If you watch it in high quality you'll see why Super 8 is desirable.


----------



## Nuzzy (Dec 18, 2008)

Awesome vid!


----------



## ShoerFast (Dec 18, 2008)

Very enjoyable vid!  

It also shows why wrap handles are nice on slopes, but he did not always turn the saw to use it.


----------



## forestryworks (Dec 19, 2008)

i liked the faller's shirt, too... i know a good friend of mine that would be tickled to death to get one of those for christmas


----------



## Burvol (Dec 19, 2008)

Maybe I'm wrong, but in my crowd that's called a "kicker" or a "slipper" cut. A snipe is a small angled piece out of the top that will aid with no-barberchairing and pulling woood in the case of a shallower face from top to bottom on a low stump. Things differ from region to region, but that is a kicker, not a snipe here.


----------



## Gologit (Dec 19, 2008)

Burvol said:


> Maybe I'm wrong, but in my crowd that's called a "kicker" or a "slipper" cut. A snipe is a small angled piece out of the top that will aid with no-barberchairing and pulling woood in the case of a shallower face from top to bottom on a low stump. Things differ from region to region, but that is a kicker, not a snipe here.



I think you're right. There's a lot of difference in the terminology as you go from place to place. We had a yarder and crew down here from Washington a couple of years ago and we spent the first week finding a common language. We finally just said "There's the wood...get it". And they did.

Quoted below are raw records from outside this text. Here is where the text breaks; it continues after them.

-- ===== src/DeviceMqtt/Accounts.antt =====
-- Why a device has asked the MQTT client for what it has asked, over its whole life.
use astarte_device_sdk_cpp.Base.{
  ℕ, ◌≤◌, ◌≡◌, true, false, Option, some, List, [], ◌∷◌, ◌++◌, Text, codes, All, length, err, Error,
}
use astarte_device_sdk_cpp.Base.Int.{ℤ}
use astarte_device_sdk_cpp.Data.{Data}
use astarte_device_sdk_cpp.EndpointPath.{starts_with_byte}
use astarte_device_sdk_cpp.Interface.Validation.{Conforms}
use astarte_device_sdk_cpp.Introspection.{values}
use astarte_device_sdk_cpp.Serialize.{serialize_astarte_individual, serialize_astarte_object}
use astarte_device_sdk_cpp.Session.{
  Request, subscribe, publish, base_topic, subscription_topics, twos, introspection_payload,
  perform_session_setup,
}
use astarte_device_sdk_cpp.Connection.{data_topic}
use astarte_device_sdk_cpp.DeviceMqtt.{is_connected, encode}
use astarte_device_sdk_cpp.DeviceMqtt.Preparing.{IsPermitted}
use astarte_device_sdk_cpp.DeviceMqtt.Lifecycle.{
  Surroundings, MqttDevice, self_of, Step, Reaches, further,
}

module _ (env : Surroundings) where
  -- A state of the run from the start to now.
  abbrev pub Passed : MqttDevice env.urls → MqttDevice env.urls → MqttDevice env.urls → Type 0
  Passed start now then' = Reaches env start then' × Reaches env then' now

  -- Why the device has made a request, by a state that it has passed: the setup of a session in that
  -- state, the giving up of a setup that fails there, a disconnection that is asked for where it is
  -- connected, or a message that it was permitted to send there.
  pub data IsAccounted (start now : MqttDevice env.urls) : Request → Type 0 where
    subscription :
        (m : MqttDevice env.urls)
        → Passed start now m
        → IsAccounted start now (
            subscribe
              (subscription_topics (self_of m) (values m.device.introspection))
              (twos (subscription_topics (self_of m) (values m.device.introspection))))
    announcement :
        (m : MqttDevice env.urls)
        → Passed start now m
        → IsAccounted start now (
            publish
              (base_topic (self_of m))
              (introspection_payload (values m.device.introspection))
              2
              false)
    empty_cache :
        (m : MqttDevice env.urls)
        → Passed start now m
        → IsAccounted start now
            (publish (base_topic (self_of m) ++ codes "/control/emptyCache") (codes "1") 2 false)
    given_up :
        (m : MqttDevice env.urls) (e : Error)
        → Passed start now m
        → (perform_session_setup env.client
            (self_of m)
            m.device.introspection
            false
            m.device.session).1
          ≡ err e
        → IsAccounted start now Request.disconnect
    farewell :
        (m : MqttDevice env.urls)
        → Passed start now m
        → is_connected m.device ≡ true
        → IsAccounted start now Request.disconnect
    individual :
        (m : MqttDevice env.urls) (name path : Text) (v : Data env.numbers.Double) (t : Option ℤ)
        (qos : ℕ) (bytes : Text)
        → Passed start now m
        → IsPermitted (λ i. Conforms env.numbers i path v t) m.device name path qos
        → encode env.builder
            (serialize_astarte_individual env.builder env.builder.null (codes "v") v t)
          ≡ some bytes
        → qos ≤ 2
        → starts_with_byte b'/' path ≡ true
        → IsAccounted start now (publish (data_topic (self_of m) name path) bytes qos false)
    object :
        (m : MqttDevice env.urls) (name path : Text)
        (entries : List (Text × Data env.numbers.Double)) (t : Option ℤ) (qos : ℕ) (bytes : Text)
        → Passed start now m
        → IsPermitted
            (λ i.
              (length i.mappings ≡ length entries)
              × All (λ entry. Conforms env.numbers i (path ++ b'/' ∷ entry.0) entry.1 t) entries)
            m.device
            name
            path
            qos
        → encode env.builder (serialize_astarte_object env.builder env.builder.null entries t)
          ≡ some bytes
        → qos ≤ 2
        → starts_with_byte b'/' path ≡ true
        → IsAccounted start now (publish (data_topic (self_of m) name path) bytes qos false)

module _ (env : Surroundings) (start : MqttDevice env.urls) where
  IsAccounted-later :
      (m m' : MqttDevice env.urls) (r : Request)
      → Step env m m'
      → IsAccounted env start m r
      → IsAccounted env start m' r
  IsAccounted-later m m' _ s (subscription b (p, q)) = subscription b (p, further m m' q s)
  IsAccounted-later m m' _ s (announcement b (p, q)) = announcement b (p, further m m' q s)
  IsAccounted-later m m' _ s (empty_cache b (p, q)) = empty_cache b (p, further m m' q s)
  IsAccounted-later m m' _ s (given_up b e (p, q) h) = given_up b e (p, further m m' q s) h
  IsAccounted-later m m' _ s (farewell b (p, q) h) = farewell b (p, further m m' q s) h
  IsAccounted-later m m' _ s (individual b name path v t qos bytes (p, q) fit doc bound root) =
      individual b name path v t qos bytes (p, further m m' q s) fit doc bound root
  IsAccounted-later m m' _ s (object b name path es t qos bytes (p, q) fit doc bound root) =
      object b name path es t qos bytes (p, further m m' q s) fit doc bound root

  pub all-IsAccounted_later :
      (m m' : MqttDevice env.urls) (rs : List Request)
      → Step env m m'
      → All (IsAccounted env start m) rs
      → All (IsAccounted env start m') rs
  all-IsAccounted_later m m' [] s h = tt
  all-IsAccounted_later m m' (r ∷ rs) s (h, hs) =
      (IsAccounted-later m m' r s h, all-IsAccounted_later m m' rs s hs)
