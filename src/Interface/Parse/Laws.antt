-- ===== src/Interface/Parse/Laws.antt =====
-- What holds of every interface that `try_from_json` accepts.
use astarte_device_sdk_cpp.Base.{
  ℕ, ◌<◌, ◌^◌, ◌≡◌, ◌≢◌, ◌↔◌, false, some, List, [], ◌∷◌, Text, codes, is_empty, All, ok, >>=-eq-ok,
  arith, ok-injective, reject_if-eq-ok, subst,
}
use astarte_device_sdk_cpp.Base.Int.{ℤ, pos, negsuc}
use astarte_device_sdk_cpp.Json.{JsonLibrary, Kind, get_field}
use astarte_device_sdk_cpp.Policies.Reliability.{Reliability}
use astarte_device_sdk_cpp.Mapping.{Mapping}
use astarte_device_sdk_cpp.Mapping
use astarte_device_sdk_cpp.Interface.{Interface}
use astarte_device_sdk_cpp.Interface.Parse.{
  convert_version, parse_version_field, parse_interface_type, parse_ownership, parse_aggregation,
  mappings_from, mappings_from_interface_json, try_from_json,
}

-- A version is converted exactly when it is neither negative nor beyond 32 bits, and is kept.
pub convert_version_iff :
    (v : ℤ) (n : ℕ) → (convert_version v ≡ ok n) ↔ ((v ≡ pos n) × (n < 2 ^ 32))
unfolding convert_version
convert_version_iff (pos m) n = ground arith
convert_version_iff (negsuc m) n = ground arith

abbrev pub HasReliability : Mapping → Type 0
HasReliability m = (r : Reliability) × (m.reliability ≡ some r)

-- Versions of 32 bits, at least one mapping, and a reliability in each.
pub record IsWellFormed (i : Interface) : Type 0 where
  pub major_bounded : i.version_major < 2 ^ 32
  pub minor_bounded : i.version_minor < 2 ^ 32
  pub has_mappings : i.mappings ≢ []
  pub reliable : All HasReliability i.mappings

is_empty-ne : (ms : List Mapping) → is_empty ms ≡ false → ms ≢ []
is_empty-ne [] h = cc
is_empty-ne (m ∷ ms) h = λ e. cc

module _ (lib : JsonLibrary) where
  open lib use {Json, get_int64}

  mapping-HasReliability :
      (j : Json) (m : Mapping) → Mapping.try_from_json lib j ≡ ok m → HasReliability m
  unfolding Mapping.try_from_json
  mapping-HasReliability j m h = (Mapping.reliability_or_default m.reliability, ground arith)

  mappings-reliable :
      (js : List Json) (ms : List Mapping) → mappings_from lib js ≡ ok ms → All HasReliability ms
  unfolding mappings_from
  mappings-reliable [] ms h = subst (All HasReliability) (ok-injective h) tt
  mappings-reliable (j ∷ js) ms h =
      let (m, first, rest) = >>=-eq-ok (Mapping.try_from_json lib j) _ h in
      let (ms', others, last) = >>=-eq-ok (mappings_from lib js) _ rest in
      subst (All HasReliability) (ok-injective last)
        (mapping-HasReliability j m first, mappings-reliable js ms' others)

  interface_mappings-reliable :
      (j : Json) (ms : List Mapping)
      → mappings_from_interface_json lib j ≡ ok ms
      → All HasReliability ms
  unfolding mappings_from_interface_json
  interface_mappings-reliable j ms h =
      let (field, found, rest) = >>=-eq-ok (get_field lib j (codes "mappings") Kind.array) _ h in
      mappings-reliable _ ms rest

  version_bounded :
      (j : Json) (key : Text) (n : ℕ) → parse_version_field lib j key ≡ ok n → n < 2 ^ 32
  unfolding parse_version_field
  version_bounded j key n h =
      let (field, found, converted) = >>=-eq-ok (get_field lib j key Kind.number_integer) _ h in
      ((convert_version_iff (get_int64 field) n).0 converted).1

  -- An interface that is read from JSON has versions of 32 bits, at least one mapping, and a
  -- reliability, so a quality of service, in each mapping.
  pub try_from_json-IsWellFormed :
      (j : Json) (i : Interface) → try_from_json lib j ≡ ok i → IsWellFormed i
  unfolding try_from_json
  try_from_json-IsWellFormed j i h =
      let (_, _, h1) = >>=-eq-ok (get_field lib j (codes "interface_name") Kind.string) _ h in
      let (major, e_major, h2) =
        >>=-eq-ok (parse_version_field lib j (codes "version_major")) _ h1 in
      let (minor, e_minor, h3) =
        >>=-eq-ok (parse_version_field lib j (codes "version_minor")) _ h2 in
      let (_, _, h4) = >>=-eq-ok (parse_interface_type lib j) _ h3 in
      let (_, _, h5) = >>=-eq-ok (parse_ownership lib j) _ h4 in
      let (_, _, h6) = >>=-eq-ok (parse_aggregation lib j) _ h5 in
      let (ms, e_mappings, h7) = >>=-eq-ok (mappings_from_interface_json lib j) _ h6 in
      let (full, last) = reject_if-eq-ok (is_empty ms) _ _ h7 in
      subst IsWellFormed (ok-injective last) (record {
        major_bounded = version_bounded j _ major e_major;
        minor_bounded = version_bounded j _ minor e_minor;
        has_mappings = is_empty-ne ms full;
        reliable = interface_mappings-reliable j ms e_mappings;
      })
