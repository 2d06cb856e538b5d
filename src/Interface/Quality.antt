-- ===== src/Interface/Quality.antt =====
-- The quality of service under which a datum is published.
use astarte_device_sdk_cpp.Base.{
  ℕ, ◌≤◌, ◌≡◌, ◌≢◌, refl, Option, none, some, List, [], ◌∷◌, Text, All, Result, ok, err, Error,
  arith,
}
use astarte_device_sdk_cpp.Base.Int.{ℤ}
use astarte_device_sdk_cpp.Data.{Doubles, Data}
use astarte_device_sdk_cpp.Policies.Reliability.{Reliability, get_qos-le}
use astarte_device_sdk_cpp.Policies.Reliability
use astarte_device_sdk_cpp.Policies.InterfaceAggregation.{
  InterfaceAggregation, individual, object, is_individual,
}
use astarte_device_sdk_cpp.Mapping.{Mapping}
use astarte_device_sdk_cpp.Interface.{Interface, qos_mapping, get_qos, validate_individual}
use astarte_device_sdk_cpp.Interface.Validation.{
  FirstMatch, here, later, Conforms, get_mapping_iff, validate_individual_iff,
}
use astarte_device_sdk_cpp.Interface.Parse.Laws.{HasReliability, IsWellFormed}

chosen-All :
    {path : Text} {m : Mapping} (P : Mapping → Type 0) {ms : List Mapping}
    → FirstMatch path m ms
    → All P ms
    → P m
chosen-All P (here e) h = h.0
chosen-All P (later e f) h = chosen-All P f h.1

-- The mapping that gives the quality of service is one of the interface's.
abbrev Chosen : Interface → Text → Type 0
Chosen i path = (m : Mapping) × (qos_mapping i path ≡ ok m) × HasReliability m

first-Chosen :
    (ms : List Mapping)
    → ms ≢ []
    → All HasReliability ms
    → (m : Mapping) × (elim ms as (λ _. Result Mapping) [ [] ↦ err Error.mqtt_error | m ∷ _ ↦ ok m ]
        ≡ ok m)
      × HasReliability m
first-Chosen [] ne h = absurd (ne refl)
first-Chosen (m ∷ ms) ne h = (m, refl, h.0)

aggregation-Chosen :
    (i : Interface) (path : Text) (m : Mapping) (a : Option InterfaceAggregation)
    → IsWellFormed i
    → FirstMatch path m i.mappings
    → i.aggregation ≡ a
    → Chosen i path
unfolding qos_mapping is_individual
aggregation-Chosen i path m none w f e = (
  m,
  rw (e, qos_mapping) ((get_mapping_iff i path m).1 f),
  chosen-All HasReliability f w.reliable,
)
aggregation-Chosen i path m (some individual) w f e = (
  m,
  rw (e, qos_mapping) ((get_mapping_iff i path m).1 f),
  chosen-All HasReliability f w.reliable,
)
aggregation-Chosen i path m (some object) w f e =
    let (n, first, r) = first-Chosen i.mappings w.has_mappings w.reliable in
    (n, rw (e, qos_mapping) first, r)

get_qos_at :
    (i : Interface) (path : Text) (m : Mapping) (r : Reliability)
    → qos_mapping i path ≡ ok m
    → m.reliability ≡ some r
    → get_qos i path ≡ ok (Reliability.get_qos r)
unfolding get_qos
get_qos_at i path m r found e = rw (found, get_qos) (rw e)

module _ (d : Doubles) where
  open d use {Double}

  -- For an interface read from JSON, a datum that passed validation has a quality of service, and
  -- it is 0, 1 or 2: the two failures of `get_qos` cannot follow a validation.
  pub get_qos_of_validated :
      (i : Interface) (path : Text) (v : Data Double) (t : Option ℤ)
      → IsWellFormed i
      → validate_individual d i path v t ≡ ok tt
      → (q : ℕ) × (get_qos i path ≡ ok q) × (q ≤ 2)
  get_qos_of_validated i path v t w h =
      let c = (validate_individual_iff d i path v t).0 h in
      let (m, found, (r, reliable)) =
        aggregation-Chosen i path c.mapping i.aggregation w c.chosen refl in
      (Reliability.get_qos r, get_qos_at i path m r found reliable, get_qos-le r)

  -- Unless the interface is aggregated as an object, that is the reliability of the very mapping
  -- that the datum was validated against.
  pub get_qos_individual :
      (i : Interface) (path : Text) (v : Data Double) (t : Option ℤ) (r : Reliability)
      (c : Conforms d i path v t)
      → i.aggregation ≢ some object
      → c.mapping.reliability ≡ some r
      → get_qos i path ≡ ok (Reliability.get_qos r)
  unfolding get_qos qos_mapping is_individual
  get_qos_individual i path v t r c ne e =
      ground (arith, (get_mapping_iff i path c.mapping).1 c.chosen)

LOL...I told a new log truck driver the other day to put a on G-string before he left the landing...I think he thought I was some kind of pervert. We finally settled on calling it a strip chain...but he still has his doubts.


----------



## Burvol (Dec 19, 2008)

Rip it off the stump quick down hill, leave hooked up as long as possible with a step (raised back cut) and the sap sawn a bit when throwing trees uphill. This aids in saving the timber out.


----------



## Tree Sling'r (Dec 19, 2008)

Call that a snipe down here, use it a lot to get the butts of the trees to hit first to save wood when the tree is up above a swell in the ground or a road bank. Use it frequently on the coast in the redwoods.


----------



## Burvol (Dec 19, 2008)

Slinger, so what do you guys call cutting an angle on stumps in your strip and putting the wedge up on them or some big limbs to save the wood from breaking (slabbing the sides out or breaking) and kicking into lead? Never really was sure what that is called. I like watching the debris fly when they go into lead.


----------



## 056 kid (Dec 19, 2008)

i would call that a third face. The abrupt angle created by this face is what seperates the wood. A snipe would commit flat with the butt log, a good one anyway.


----------



## 056 kid (Dec 19, 2008)

Did you guys see the end!! "[email protected]@@CCCCC&&K" "he must have had her sit back in him"!! funny stuff.


----------



## skinnykid02 (Dec 29, 2008)

I now know why but, why cut a "snipe"? why not cut a notch that is wider instead of cutting a notch and then cutting again.

I really have no idea why the pros do it, I am trying to learn.


----------



## 2dogs (Dec 29, 2008)

skinnykid02 said:


> I now know why but, why cut a "snipe"? why not cut a notch that is wider instead of cutting a notch and then cutting again.
> 
> I really have no idea why the pros do it, I am trying to learn.



Read Sling'r's post.


----------



## gavin (Dec 29, 2008)

skinnykid02 said:


> I now know why but, why cut a "snipe"? why not cut a notch that is wider instead of cutting a notch and then cutting again.
> 
> I really have no idea why the pros do it, I am trying to learn.



as slinger said its to make the butt hit first. usually use it when falling in steep ground or uphill. helps the tree settle.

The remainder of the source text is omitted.